Saved data entries:
◇ ◇ ◇ ◇

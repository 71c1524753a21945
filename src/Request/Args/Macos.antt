-- ===== src/Request/Args/Macos.antt =====
-- The arguments that src/request.rs computes for SETATTR and SETXATTR on macOS.
pub mod Asked
use mathlib.Core.Option
use fuse_rs.Base.{ℕ, ◌^◌, Option, none, some}
use fuse_rs.Abi.Structs.{FuseSetattrIn}
use fuse_rs.Abi.Features.Structs.{MacosSetattrIn, MacosSetxattrIn}
use fuse_rs.Platform.{SystemTime}
use fuse_rs.Filesystem.{SetAttr}
use fuse_rs.Request.Args.{flagged, flagged_time, set_attr_args}

abbrev pub fattr_crtime : ℕ
fattr_crtime = 2 ^ 28

abbrev pub fattr_chgtime : ℕ
fattr_chgtime = 2 ^ 29

abbrev pub fattr_bkuptime : ℕ
fattr_bkuptime = 2 ^ 30

abbrev pub fattr_flags : ℕ
fattr_flags = 2 ^ 31

-- The four arguments in the order of `get_macos_setattr`.
pub record MacosSetattr : Type 0 where
  pub crtime : Option SystemTime
  pub chgtime : Option SystemTime
  pub bkuptime : Option SystemTime
  pub flags : Option ℕ

-- The times, where no panic stopped their computation.
macos_times :
    Option ℕ
    → Option (Option SystemTime)
    → Option (Option SystemTime)
    → Option (Option SystemTime)
    → Option MacosSetattr
macos_times flags none chgtime bkuptime = none
macos_times flags (some crtime) none bkuptime = none
macos_times flags (some crtime) (some chgtime) none = none
macos_times flags (some crtime) (some chgtime) (some bkuptime) =
    some (record { crtime = crtime; chgtime = chgtime; bkuptime = bkuptime; flags = flags })

-- `get_macos_setattr`; `none` is a panic.
unfoldable pub get_macos_setattr : MacosSetattrIn → Option MacosSetattr
unfolding macos_times
get_macos_setattr arg =
    macos_times (flagged arg.valid fattr_flags arg.flags)
      (flagged_time arg.valid fattr_crtime arg.crtime arg.crtimensec)
      (flagged_time arg.valid fattr_chgtime arg.chgtime arg.chgtimensec)
      (flagged_time arg.valid fattr_bkuptime arg.bkuptime arg.bkuptimensec)

-- The fields that SETATTR has on every target.
abbrev pub every_target : MacosSetattrIn → FuseSetattrIn
every_target arg = record {
  valid = arg.valid;
  padding = arg.padding;
  fh = arg.fh;
  size = arg.size;
  unused1 = arg.unused1;
  atime = arg.atime;
  mtime = arg.mtime;
  unused2 = arg.unused2;
  atimensec = arg.atimensec;
  mtimensec = arg.mtimensec;
  unused3 = arg.unused3;
  mode = arg.mode;
  unused4 = arg.unused4;
  uid = arg.uid;
  gid = arg.gid;
  unused5 = arg.unused5;
}

abbrev pub with_macos : SetAttr → MacosSetattr → SetAttr
with_macos a m = record a {
  crtime = m.crtime;
  chgtime = m.chgtime;
  bkuptime = m.bkuptime;
  flags = m.flags;
}

both : Option SetAttr → Option MacosSetattr → Option SetAttr
both none m = none
both (some a) none = none
both (some a) (some m) = some (with_macos a m)

-- The arguments of `setattr` on macOS; `none` is a panic.
unfoldable pub macos_set_attr_args : MacosSetattrIn → Option SetAttr
unfolding both
macos_set_attr_args arg = both (set_attr_args (every_target arg)) (get_macos_setattr arg)

-- `get_position` on macOS.
unfoldable pub get_position : MacosSetxattrIn → ℕ
get_position arg = arg.position
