-- ===== src/Request/Args/Macos/Asked.antt =====
-- Which arguments `setattr` gets on macOS, and when computing them panics.
use fuse_rs.Base.{◌≡◌, refl, ◌⊎◌, inl, inr, ◌↔◌, none, some, arith}
use fuse_rs.Abi.Features.Structs.{MacosSetattrIn}
use fuse_rs.Request.Args.Bits.{
  bit, optional, time, Overflows, asked, AtimeOverflows, MtimeOverflows, flagged_lem,
  flagged_time_cases, set_attr_args_cases,
}
use fuse_rs.Request.Args.Macos.{
  MacosSetattr, get_macos_setattr, every_target, with_macos, macos_set_attr_args,
}

-- Each argument of macOS whose bit is set in `valid`.
abbrev pub macos_asked : MacosSetattrIn → MacosSetattr
macos_asked arg = record {
  crtime = optional (bit 28 arg.valid) (time arg.crtime arg.crtimensec);
  chgtime = optional (bit 29 arg.valid) (time arg.chgtime arg.chgtimensec);
  bkuptime = optional (bit 30 arg.valid) (time arg.bkuptime arg.bkuptimensec);
  flags = optional (bit 31 arg.valid) arg.flags;
}

abbrev pub MacosOverflows : MacosSetattrIn → Type 0
MacosOverflows arg =
    Overflows (bit 28 arg.valid) arg.crtime arg.crtimensec
    ⊎ (Overflows (bit 29 arg.valid) arg.chgtime arg.chgtimensec
        ⊎ Overflows (bit 30 arg.valid) arg.bkuptime arg.bkuptimensec)

get_macos_setattr_cases :
    (arg : MacosSetattrIn)
    → (MacosOverflows arg × (get_macos_setattr arg ≡ none))
      ⊎ ((¬ MacosOverflows arg) × (get_macos_setattr arg ≡ some (macos_asked arg)))
unfolding get_macos_setattr
get_macos_setattr_cases arg =
    let word = arg.valid in
    elim (flagged_time_cases 28 word arg.crtime arg.crtimensec) [
      | inl (big, e) ↦ inl (inl big, rw e refl)
      | inr (fits, e) ↦ elim (flagged_time_cases 29 word arg.chgtime arg.chgtimensec) [
        | inl (big, e') ↦ inl (inr (inl big), rw (e, e') refl)
        | inr (fits', e') ↦ elim (flagged_time_cases 30 word arg.bkuptime arg.bkuptimensec) [
          | inl (big, e'') ↦ inl (inr (inr big), rw (e, e', e'') refl)
          | inr (fits'', e'') ↦ inr (
            λ h. elim h [ inl a ↦ fits a | inr (inl b) ↦ fits' b | inr (inr d) ↦ fits'' d ],
            rw (e, e', e'', flagged_lem 31 word arg.flags) refl,
          )
        ]
      ]
    ]

-- One of the five times has its bit set and does not fit.
abbrev pub AnyOverflows : MacosSetattrIn → Type 0
AnyOverflows arg =
    (AtimeOverflows (every_target arg) ⊎ MtimeOverflows (every_target arg)) ⊎ MacosOverflows arg

macos_set_attr_args_cases :
    (arg : MacosSetattrIn)
    → (AnyOverflows arg × (macos_set_attr_args arg ≡ none))
      ⊎ ((¬ AnyOverflows arg)
          × (macos_set_attr_args arg
              ≡ some (with_macos (asked (every_target arg)) (macos_asked arg))))
unfolding macos_set_attr_args
macos_set_attr_args_cases arg = elim (set_attr_args_cases (every_target arg)) [
  | inl (big, e) ↦ inl (inl big, rw e refl)
  | inr (fits, e) ↦ elim (get_macos_setattr_cases arg) [
    | inl (big, e') ↦ inl (inr big, rw (e, e') refl)
    | inr (fits', e') ↦ inr (λ h. elim h [ inl a ↦ fits a | inr b ↦ fits' b ], rw (e, e') refl)
  ]
]

-- On macOS, when none of the five times overflows, `setattr` gets exactly the arguments whose bit is
-- set in `valid`, the times as points after the epoch with their nanoseconds carried over.
pub macos_set_attr_args-asked :
    (arg : MacosSetattrIn)
    → ¬ AnyOverflows arg
    → macos_set_attr_args arg ≡ some (with_macos (asked (every_target arg)) (macos_asked arg))
macos_set_attr_args-asked arg fits = elim (macos_set_attr_args_cases arg) [
  | inl (big, _) ↦ absurd (fits big)
  | inr (_, e) ↦ e
]

-- On macOS, computing the arguments of `setattr` panics exactly when the bit of one of its five times
-- is set and its seconds, with the carry from the nanoseconds, are 2 ^ 63 or more.
pub macos_set_attr_args-none_iff :
    (arg : MacosSetattrIn) → (macos_set_attr_args arg ≡ none) ↔ AnyOverflows arg
macos_set_attr_args-none_iff arg = elim (macos_set_attr_args_cases arg) [
  | inl (big, e) ↦ (λ _. big, λ _. e)
  | inr (fits, e) ↦ (λ e'. ground arith, λ big. absurd (fits big))
]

◇ ◇ ◇ ◇

# [TASK PROMPT]
Copy out the lines above with "Base" in them.

# [RESULT OF THE EXERCISE]
use fuse_rs.Base.{ℕ, ◌^◌, Option, none, some}
use fuse_rs.Base.{◌≡◌, refl, ◌⊎◌, inl, inr, ◌↔◌, none, some, arith}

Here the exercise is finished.